Autoscaling ML Workloads with ServiceMonitor Metrics

Question

Pulumi · Accepted Answer

Autoscaling machine learning (ML) workloads is essential for managing resources efficiently and ensuring that your ML models have enough computing power when needed, while minimizing costs during periods of low usage. To achieve this, you'll typically monitor certain metrics that indicate the workload's performance and demand, and scale your resources based on those metrics.

In Kubernetes, the `HorizontalPodAutoscaler` is a resource that automatically scales the number of pod replicas in a deployment or replicaset based on observed CPU utilization or custom metrics. When working with ML workloads, you might want to autoscale based on custom metrics, perhaps those exposed by a `ServiceMonitor` if you're using Prometheus for monitoring. This typically requires setting up custom metrics support for the horizontal pod autoscaler in your Kubernetes cluster.

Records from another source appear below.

-- ===== src/Tr50/Pending/Keeps.antt =====
-- Writes of pointers keep what else is seen of each message.
use mathlib.Core.Path.{subst}
use libtr.Base.{
  ℕ, ◌≡◌, refl, sym, ap, ◌∙◌, Option, none, some, true, false, ◌==◌, Bool-cases, Option-cases, inl,
  inr, arith,
}
use libtr.Error.{Holds-bind, ok, Holds, Holds-then}
use libtr.Tr50.Pending.{
  find, find_and_remove, Message, Store, write, modify, Pending, set_next, set_previous, stamped,
  add, unlink_previous, unlink_next, linklist_remove,
}

write_at :
    (store : Store) (a : ℕ) (m : Message) (b : ℕ) → (a == b) ≡ true → write store a m b ≡ some m
write_at store a m b h = rw h refl

write_beside :
    (store : Store) (a : ℕ) (m : Message) (b : ℕ) → (a == b) ≡ false → write store a m b ≡ store b
write_beside store a m b h = rw h refl

stamp_eq :
    (store : Store) (message now : ℕ) (m : Message)
    → store message ≡ some m
    → modify store message (stamped now) ≡ ok (write store message (stamped now m))
unfolding modify
stamp_eq store message now m got = rw (got, modify) refl

-- `view` shows something of a message other than its pointers.
module _ {A : Type 0} (view : Option Message → A) where
  pub modify-view :
      (store : Store) (a : ℕ) (f : Message → Message)
      → ((m : Message) → view (some (f m)) ≡ view (some m))
      → Holds (λ store'. (b : ℕ) → view (store' b) ≡ view (store b)) (modify store a f)
  unfolding modify
  modify-view store a f keeps = elim (Option-cases (store a)) [
    | inl gone ↦ rw (gone, modify) tt
    | inr (m, got) ↦
        rw (got, modify)
          (λ b. elim (Bool-cases (a == b)) [
            | inl same ↦
                let here : a ≡ b = ground (arith, same) in
                let got_b : store b ≡ some m = subst (λ c. store c ≡ some m) here got in
                ap view (write_at store a (f m) b same) ∙ (keeps m ∙ sym (ap view got_b))
            | inr other ↦ ap view (write_beside store a (f m) b other)
          ])
  ]

module _ {A : Type 0} (view : Option Message → A)
    (keeps_next : (m : Message) (p : Option ℕ) → view (some (set_next p m)) ≡ view (some m))
    (keeps_previous : (m : Message) (p : Option ℕ)
      → view (some (set_previous p m)) ≡ view (some m)) where
  unlink_previous-view :
      (store : Store) (head previous next : Option ℕ)
      → Holds
          (λ (store', head'). (b : ℕ) → view (store' b) ≡ view (store b))
          (unlink_previous store head previous next)
  unfolding unlink_previous
  unlink_previous-view store head none next = λ b. refl
  unlink_previous-view store head (some p) next =
      Holds-then (λ store'. (b : ℕ) → view (store' b) ≡ view (store b)) _
        (modify store p (set_next next)) _
        (modify-view view store p (set_next next) (λ m. keeps_next m next)) (λ store' h. h)

  unlink_next-view :
      (store : Store) (tail previous next : Option ℕ)
      → Holds
          (λ (store', tail'). (b : ℕ) → view (store' b) ≡ view (store b))
          (unlink_next store tail previous next)
  unfolding unlink_next
  unlink_next-view store tail previous none = λ b. refl
  unlink_next-view store tail previous (some n) =
      Holds-then (λ store'. (b : ℕ) → view (store' b) ≡ view (store b)) _
        (modify store n (set_previous previous)) _
        (modify-view view store n (set_previous previous) (λ m. keeps_previous m previous))
        (λ store' h. h)

  pub linklist_remove-view :
      (pending : Pending) (a : ℕ)
      → Holds
          (λ pending'. (b : ℕ) → view (pending'.store b) ≡ view (pending.store b))
          (linklist_remove pending a)
  unfolding linklist_remove
  linklist_remove-view pending a = elim (Option-cases (pending.store a)) [
    | inl gone ↦ rw (gone, linklist_remove) tt
    | inr (m, got) ↦
        rw (got, linklist_remove)
          (Holds-then (λ (store', head'). (b : ℕ) → view (store' b) ≡ view (pending.store b)) _
            (unlink_previous pending.store pending.list_head m.pending_previous m.pending_next) _
            (unlink_previous-view pending.store pending.list_head m.pending_previous m.pending_next)
            (λ (store1, head1) h1.
              Holds-then (λ (store', tail'). (b : ℕ) → view (store' b) ≡ view (store1 b)) _
                (unlink_next store1 pending.list_tail m.pending_previous m.pending_next) _
                (unlink_next-view store1 pending.list_tail m.pending_previous m.pending_next)
                (λ (store2, tail2) h2 b. h2 b ∙ h1 b)))
  ]

  -- A removal that took place keeps the view of each message.
  pub removed_view :
      (pending pending' : Pending) (a : ℕ)
      → linklist_remove pending a ≡ ok pending'
      → (b : ℕ) → view (pending'.store b) ≡ view (pending.store b)
  removed_view pending pending' a removed =
      subst (Holds (λ p. (b : ℕ) → view (p.store b) ≡ view (pending.store b))) removed
        (linklist_remove-view pending a)

  add-view :
      (pending : Pending) (message now : ℕ) (m : Message)
      → pending.store message ≡ some m
      → Holds
          (λ p. (b : ℕ) → view (p.store b) ≡ view (write pending.store message (stamped now m) b))
          (add pending message now)
  unfolding add
  add-view pending message now m got =
      let store1 : Store = write pending.store message (stamped now m) in
      let stamp = stamp_eq pending.store message now m got in
      elim (Option-cases pending.list_tail) [
        | inl empty ↦ rw (stamp, add) (rw empty (λ b. refl))
        | inr (tail, last) ↦
            rw (stamp, add)
              (rw last (
                Holds-then (λ store'. (b : ℕ) → view (store' b) ≡ view (store1 b)) _
                  (modify store1 tail (set_next (some message))) _
                  (modify-view view store1 tail (set_next (some message))
                    (λ m. keeps_next m (some message)))
                  (λ store2 h2.
                    Holds-then (λ store'. (b : ℕ) → view (store' b) ≡ view (store2 b)) _
                      (modify store2 message (set_previous (some tail))) _
                      (modify-view view store2 message (set_previous (some tail))
                        (λ m. keeps_previous m (some tail)))
                      (λ store3 h3 b. h3 b ∙ h2 b))))
      ]

  -- So does an addition, but for the two times of the message.
  pub added_view :
      (pending pending' : Pending) (message now : ℕ) (m : Message)
      → pending.store message ≡ some m
      → add pending message now ≡ ok pending'
      → (b : ℕ) → view (pending'.store b) ≡ view (write pending.store message (stamped now m) b)
  added_view pending pending' message now m got added =
      subst
        (Holds
          (λ p. (b : ℕ) → view (p.store b) ≡ view (write pending.store message (stamped now m) b)))
        added (add-view pending message now m got)

  find_and_remove-view :
      (fuel : ℕ) (pending : Pending) (hash : ℕ)
      → Holds
          (λ (found, pending'). (b : ℕ) → view (pending'.store b) ≡ view (pending.store b))
          (find_and_remove fuel pending hash)
  unfolding find_and_remove
  find_and_remove-view fuel pending hash =
      Holds-bind (λ (found, pending'). (b : ℕ) → view (pending'.store b) ≡ view (pending.store b))
        (find fuel pending.store hash pending.list_head) _
        (λ found e. elim (Option-cases found) [
          | inl missing ↦ rw missing (λ b. refl)
          | inr (ptr, got) ↦ rw got (
              Holds-then (λ p. (b : ℕ) → view (p.store b) ≡ view (pending.store b)) _
                (linklist_remove pending ptr) _ (linklist_remove-view pending ptr) (λ p h. h))
        ])

  pub found_view :
      (fuel : ℕ) (pending pending' : Pending) (hash : ℕ) (found : Option ℕ)
      → find_and_remove fuel pending hash ≡ ok (found, pending')
      → (b : ℕ) → view (pending'.store b) ≡ view (pending.store b)
  found_view fuel pending pending' hash found run =
      subst (Holds (λ (f, p). (b : ℕ) → view (p.store b) ≡ view (pending.store b))) run
        (find_and_remove-view fuel pending hash)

Below is a Pulumi program using Python that demonstrates how you would define a `HorizontalPodAutoscaler` that scales based on custom metrics from a `ServiceMonitor`. This example assumes that you have a functioning Kubernetes cluster with Prometheus and the custom metrics API installed and configured.

```python
import pulumi
import pulumi_kubernetes as k8s

# The name of your Kubernetes deployment that you want to autoscale.
deployment_name = 'ml-workload-deployment'

# Specification for the HorizontalPodAutoscaler that uses custom metrics.
hpa = k8s.autoscaling.v2beta2.HorizontalPodAutoscaler(
    'ml-workload-hpa',
    metadata=k8s.meta.v1.ObjectMetaArgs(
        name='ml-workload-hpa',
        namespace='default', # Adjust the namespace according to your setup.
    ),
    spec=k8s.autoscaling.v2beta2.HorizontalPodAutoscalerSpecArgs(
        scale_target_ref=k8s.autoscaling.v2beta2.CrossVersionObjectReferenceArgs(
            kind='Deployment',
            name=deployment_name,
            api_version='apps/v1',
        ),
        min_replicas=1, # Minimum number of replicas.
        max_replicas=10, # Maximum number of replicas.
        metrics=[k8s.autoscaling.v2beta2.MetricSpecArgs(
            type='Object', # For custom metrics, use type "Object."
            object=k8s.autoscaling.v2beta2.ObjectMetricSourceArgs(
                metric=k8s.autoscaling.v2beta2.MetricIdentifierArgs(
                    name='service_monitor_metric_name', # Replace with your ServiceMonitor metric name.
                    selector=k8s.meta.v1.LabelSelectorArgs(
                        match_labels={
                            'key': 'value', # Specify the labels that the ServiceMonitor uses.
                        },
                    ),
                ),
                target=k8s.autoscaling.v2beta2.MetricTargetArgs(
                    type='Value', # Use 'Value' or 'AverageValue' based on the metric type.
                    value='100', # Specify the target value for your custom metric.
                ),
                described_object=k8s.autoscaling.v2beta2.CrossVersionObjectReferenceArgs(
                    kind='Service',
                    name='ml-workload-service', # Name of the service that the metric is coming from.
                    api_version='v1',
                ),
            ),
        )],
    ),
)

# Export the name of the HPA
pulumi.export('hpa_name', hpa.metadata.apply(lambda metadata: metadata.name))

```

This code does the following steps:
- Imports the necessary Pulumi modules.
- Creates a `HorizontalPodAutoscaler` named `ml-workload-hpa` that targets a deployment called `ml-workload-deployment`.
- Configures the autoscaler to have a minimum of 1 replica and a maximum of 10 replicas.
- Specifies the metrics to be used for autoscaling. In this case, it's a custom metric named `service_monitor_metric_name` from a `Service` named `ml-workload-service`.
- Exports the name of the `HorizontalPodAutoscaler` so that you can reference it externally if needed.

Make sure to replace `'service_monitor_metric_name'`, `'ml-workload-service'`, and any other placeholder with the appropriate names based on your specific use case and cluster setup.

This autoscaling configuration is crucial for ML workloads where the compute needs may vary significantly. For instance, a common pattern is to anticipate high load during business hours when models are being trained and less load at other times. Custom metrics can provide more fine-grained control over autoscaling behavior by scaling based on the actual demand of your ML workloads.